### PROMPT
In the entries below, find the line with "λ left. Verdict-bind (add_all-Verdict" and the line with "compile_attribute_op-Verdict key one_of"; give again those lines and every line between them, exactly.

### RECORDS FOR THE EXERCISE
• • • • •
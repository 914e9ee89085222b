-- ===== src/Segment/Supported/Attribute.antt =====
-- packages/segment-dsl/src/index.ts: when `compileAttribute` returns.
use Prim.Native.String.{String}
use text.Mathlib.Text.{◌==◌ as str_eq}
use nudgeon_platform.Common.{
  ◌≡◌, refl, Bool, true, false, not, ◌&&◌, List, [], ◌∷◌, all, if◌then◌else◌, arith, subst,
}
use nudgeon_platform.Segment.{
  Number, Value, boolean, number, string, array, items, AttributeOp, eq, neq, gt, gte, lt, lte,
  one_of, exists, not_exists, contains, before, after, in_last_days, not_in_last_days,
  AttributeCondition,
}
use nudgeon_platform.Segment.Params.{
  M, has, promoted_keys, add_all, scalar, int_value, element_text, element_texts, array_values,
}
use nudgeon_platform.Segment.Attribute.{
  extract_promoted, extract_column, json_extract, compile_comparison, compile_days, compile_date,
  compile_contains, compile_in, compile_attribute_op, compile_attribute,
}
use nudgeon_platform.Segment.Supported.{is_ok, is_scalar, is_number, is_array_of, fits}
use nudgeon_platform.Segment.Supported.Verdicts.{
  Verdict, Verdict-pure, Verdict-throw, Verdict-add, if-Verdict, Verdict-lift, Verdict-bind,
}

is_ok-scalar : (v : Value) → is_ok (scalar v) ≡ is_scalar v
unfolding scalar
is_ok-scalar (string s) = refl
is_ok-scalar (number n) = refl
is_ok-scalar (boolean b) = refl
is_ok-scalar _ = refl

pub is_ok-int_value : (v : Value) → is_ok (int_value v) ≡ is_number v
unfolding int_value
is_ok-int_value (number n) = refl
is_ok-int_value _ = refl

same_branches : (b : Bool) → (if b then true else true) ≡ true
same_branches true = refl
same_branches false = refl

pub and_true : (b : Bool) → (b && true) ≡ b
and_true true = refl
and_true false = refl

pub guarded : (b c : Bool) → (if b then false else c) ≡ not b && c
guarded true c = refl
guarded false c = refl

-- A verdict, read at an equal truth value.
pub at : {A : Type 0} {b c : Bool} {m : M A} → b ≡ c → Verdict b m → Verdict c m
at {m} e = subst (λ x. Verdict x m) e

json_extract-Verdict : (key fn : String) → Verdict true (json_extract key fn)
unfolding json_extract extract_promoted extract_column
json_extract-Verdict key fn = at (same_branches (has promoted_keys key)) (
    if-Verdict (has promoted_keys key)
      (Verdict-bind (Verdict-add _)
        λ a. Verdict-bind (Verdict-add _) λ b. Verdict-bind (Verdict-add _) λ c. Verdict-pure _)
      (Verdict-bind (Verdict-add _) λ a. Verdict-pure _))

-- A place for the key and one for the value, behind a check of the value.
compile_comparison-Verdict :
    (key op : String) (v : Value) → Verdict (is_scalar v) (compile_comparison key op v)
unfolding compile_comparison
compile_comparison-Verdict key op v = at (and_true _) (
    Verdict-lift (scalar v) (is_ok-scalar v) λ r _.
      Verdict-bind (json_extract-Verdict key _)
        λ left. Verdict-bind (Verdict-add _) λ right. Verdict-pure _)

compile_date-Verdict :
    (key cmp : String) (v : Value) → Verdict (is_scalar v) (compile_date key cmp v)
unfolding compile_date
compile_date-Verdict key cmp v = at (and_true _) (
    Verdict-lift (scalar v) (is_ok-scalar v) λ r _.
      Verdict-bind (json_extract-Verdict key _)
        λ left. Verdict-bind (Verdict-add _) λ right. Verdict-pure _)

compile_contains-Verdict :
    (key : String) (v : Value) → Verdict (is_scalar v) (compile_contains key v)
unfolding compile_contains
compile_contains-Verdict key v = at (and_true _) (
    Verdict-lift (scalar v) (is_ok-scalar v) λ r _.
      Verdict-bind (json_extract-Verdict key _)
        λ left. Verdict-bind (Verdict-add _) λ right. Verdict-pure _)

compile_days-Verdict :
    (key cmp : String) (v : Value) → Verdict (is_number v) (compile_days key cmp v)
unfolding compile_days
compile_days-Verdict key cmp v = at (and_true _) (
    Verdict-lift (int_value v) (is_ok-int_value v) λ days _.
      Verdict-bind (json_extract-Verdict key _)
        λ left. Verdict-bind (Verdict-add _) λ right. Verdict-pure _)

add_all-Verdict : (vs : List String) → Verdict true (add_all vs)
unfolding add_all
add_all-Verdict [] = Verdict-pure _
add_all-Verdict (v ∷ vs) =
    Verdict-bind (Verdict-add _) λ first. Verdict-bind (add_all-Verdict vs) λ rest. Verdict-pure _

compile_in-Verdict : (key : String) (vs : List String) → Verdict true (compile_in key vs)
unfolding compile_in
compile_in-Verdict key [] = Verdict-pure _
compile_in-Verdict key (v ∷ vs) =
    Verdict-bind (json_extract-Verdict key _)
      λ left. Verdict-bind (add_all-Verdict (v ∷ vs)) λ places. Verdict-pure _

module _ (number_text : Number → String) where
  is_ok-element_text : (v : Value) → is_ok (element_text number_text v) ≡ is_scalar v
  unfolding element_text
  is_ok-element_text (string s) = refl
  is_ok-element_text (number n) = refl
  is_ok-element_text (boolean b) = refl
  is_ok-element_text _ = refl

  is_ok-element_texts : (vs : List Value) → is_ok (element_texts number_text vs) ≡ all is_scalar vs
  unfolding element_texts
  is_ok-element_texts [] = refl
  is_ok-element_texts (v ∷ vs) = ground (arith, is_ok-element_text v, is_ok-element_texts vs)

  is_ok-array_values : (v : Value) → is_ok (array_values number_text v) ≡ is_array_of is_scalar v
  unfolding array_values
  is_ok-array_values (array vs) = is_ok-element_texts (items vs)
  is_ok-array_values _ = refl

  compile_attribute_op-Verdict :
      (key : String) (op : AttributeOp) (v : Value)
      → Verdict (fits op v) (compile_attribute_op number_text key op v)
  unfolding compile_attribute_op
  compile_attribute_op-Verdict key exists v =
      Verdict-bind (json_extract-Verdict key _) λ raw. Verdict-pure _
  compile_attribute_op-Verdict key not_exists v =
      Verdict-bind (json_extract-Verdict key _) λ raw. Verdict-pure _
  compile_attribute_op-Verdict key eq v = compile_comparison-Verdict key _ v
  compile_attribute_op-Verdict key neq v = compile_comparison-Verdict key _ v
  compile_attribute_op-Verdict key gt v = compile_comparison-Verdict key _ v
  compile_attribute_op-Verdict key gte v = compile_comparison-Verdict key _ v
  compile_attribute_op-Verdict key lt v = compile_comparison-Verdict key _ v
  compile_attribute_op-Verdict key lte v = compile_comparison-Verdict key _ v
  compile_attribute_op-Verdict key one_of v = at (and_true _) (
      Verdict-lift (array_values number_text v) (is_ok-array_values v)
        λ vs _. compile_in-Verdict key vs)
  compile_attribute_op-Verdict key contains v = compile_contains-Verdict key v
  compile_attribute_op-Verdict key in_last_days v = compile_days-Verdict key _ v
  compile_attribute_op-Verdict key not_in_last_days v = compile_days-Verdict key _ v
  compile_attribute_op-Verdict key before v = compile_date-Verdict key _ v
  compile_attribute_op-Verdict key after v = compile_date-Verdict key _ v
  compile_attribute_op-Verdict key AttributeOp.other v = Verdict-throw _

  pub compile_attribute-Verdict :
      (c : AttributeCondition)
      → Verdict (not (str_eq c.key "") && fits c.op c.value) (compile_attribute number_text c)
  unfolding compile_attribute
  compile_attribute-Verdict c = at (guarded (str_eq c.key "") (fits c.op c.value)) (
      if-Verdict (str_eq c.key "") (Verdict-throw _)
        (compile_attribute_op-Verdict c.key c.op c.value))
• • • • •
### YOUR RESPONSE
      λ left. Verdict-bind (add_all-Verdict (v ∷ vs)) λ places. Verdict-pure _

module _ (number_text : Number → String) where
  is_ok-element_text : (v : Value) → is_ok (element_text number_text v) ≡ is_scalar v
  unfolding element_text
  is_ok-element_text (string s) = refl
  is_ok-element_text (number n) = refl
  is_ok-element_text (boolean b) = refl
  is_ok-element_text _ = refl

  is_ok-element_texts : (vs : List Value) → is_ok (element_texts number_text vs) ≡ all is_scalar vs
  unfolding element_texts
  is_ok-element_texts [] = refl
  is_ok-element_texts (v ∷ vs) = ground (arith, is_ok-element_text v, is_ok-element_texts vs)

  is_ok-array_values : (v : Value) → is_ok (array_values number_text v) ≡ is_array_of is_scalar v
  unfolding array_values
  is_ok-array_values (array vs) = is_ok-element_texts (items vs)
  is_ok-array_values _ = refl

  compile_attribute_op-Verdict :
      (key : String) (op : AttributeOp) (v : Value)
      → Verdict (fits op v) (compile_attribute_op number_text key op v)
  unfolding compile_attribute_op
  compile_attribute_op-Verdict key exists v =
      Verdict-bind (json_extract-Verdict key _) λ raw. Verdict-pure _
  compile_attribute_op-Verdict key not_exists v =
      Verdict-bind (json_extract-Verdict key _) λ raw. Verdict-pure _
  compile_attribute_op-Verdict key eq v = compile_comparison-Verdict key _ v
  compile_attribute_op-Verdict key neq v = compile_comparison-Verdict key _ v
  compile_attribute_op-Verdict key gt v = compile_comparison-Verdict key _ v
  compile_attribute_op-Verdict key gte v = compile_comparison-Verdict key _ v
  compile_attribute_op-Verdict key lt v = compile_comparison-Verdict key _ v
  compile_attribute_op-Verdict key lte v = compile_comparison-Verdict key _ v
  compile_attribute_op-Verdict key one_of v = at (and_true _) (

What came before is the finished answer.